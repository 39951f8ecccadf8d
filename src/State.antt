-- ===== src/State.antt =====
-- src/etdc_etd_state.h: the state that all servers of one daemon share, and its map of transfers.
pub mod Map
use etransfer.Common.{
  ℕ, ◌≡◌, Bool, true, false, List, [], ◌∷◌, Option, none, some, Bytes, bytes_eq, bytes_lt,
  if◌then◌else◌,
}
use etransfer.Fd.{EtdcFd}
use etransfer.OpenMode.{OpenMode}
use etransfer.Files.{Store}

-- sockname_type
pub record SockName : Type 0 where
  pub protocol : Bytes
  pub host : Bytes
  pub port : ℕ

-- transferprops_type; `locked` tells whether somebody holds the mutex.
pub record Transfer (W : Type 0) : Type 0 where
  pub path : Bytes
  pub fd : EtdcFd (Store W)
  pub open_mode : OpenMode
  pub locked : Bool

-- etd_state, as far as the servers use it, with the world that the descriptors act on. Each
-- operation that holds the mutex of the state is one function.
pub record EtdState (W : Type 0) : Type 0 where
  pub transfers : List (Bytes × Transfer W)
  pub data_addrs : List SockName
  pub store : Store W

module _ {W : Type 0} where
  -- std::map::find
  unfoldable pub find_uuid : Bytes → List (Bytes × Transfer W) → Option (Transfer W)
  find_uuid uuid [] = none
  find_uuid uuid ((k, t) ∷ ts) = if bytes_eq k uuid then some t else find_uuid uuid ts

  -- The place of a new key in the order of the map.
  unfoldable pub insert : Bytes → Transfer W → List (Bytes × Transfer W) → List (Bytes × Transfer W)
  insert uuid t [] = (uuid, t) ∷ []
  insert uuid t ((k, u) ∷ ts) =
      if bytes_lt k uuid then (k, u) ∷ insert uuid t ts else (uuid, t) ∷ (k, u) ∷ ts

  -- std::map::emplace; `none` if the key is there.
  unfoldable pub emplace :
      Bytes → Transfer W → List (Bytes × Transfer W) → Option (List (Bytes × Transfer W))
  unfolding find_uuid insert
  emplace uuid t ts = elim (find_uuid uuid ts) [ some _ ↦ none | none ↦ some (insert uuid t ts) ]

  -- std::map::erase
  unfoldable pub erase : Bytes → List (Bytes × Transfer W) → List (Bytes × Transfer W)
  erase uuid [] = []
  erase uuid ((k, t) ∷ ts) = if bytes_eq k uuid then ts else (k, t) ∷ erase uuid ts

  -- std::find_if over the map: the first transfer of a path.
  unfoldable pub find_path : Bytes → List (Bytes × Transfer W) → Option (Transfer W)
  find_path path [] = none
  find_path path ((k, t) ∷ ts) = if bytes_eq t.path path then some t else find_path path ts

  -- The mutex of a transfer, taken or given back.
  unfoldable pub set_locked : Bytes → Bool → List (Bytes × Transfer W) → List (Bytes × Transfer W)
  set_locked uuid b [] = []
  set_locked uuid b ((k, t) ∷ ts) =
      if bytes_eq k uuid then (k, record t { locked = b }) ∷ ts else (k, t) ∷ set_locked uuid b ts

(Task instructions) Beginning with the line containing "pub transfers : List (Bytes × Transfer W)" and ending with the line containing "unfoldable pub find_uuid", extract those lines exactly from the listing above, and only those.

(Worked solution)
  pub transfers : List (Bytes × Transfer W)
  pub data_addrs : List SockName
  pub store : Store W

module _ {W : Type 0} where
  -- std::map::find
  unfoldable pub find_uuid : Bytes → List (Bytes × Transfer W) → Option (Transfer W)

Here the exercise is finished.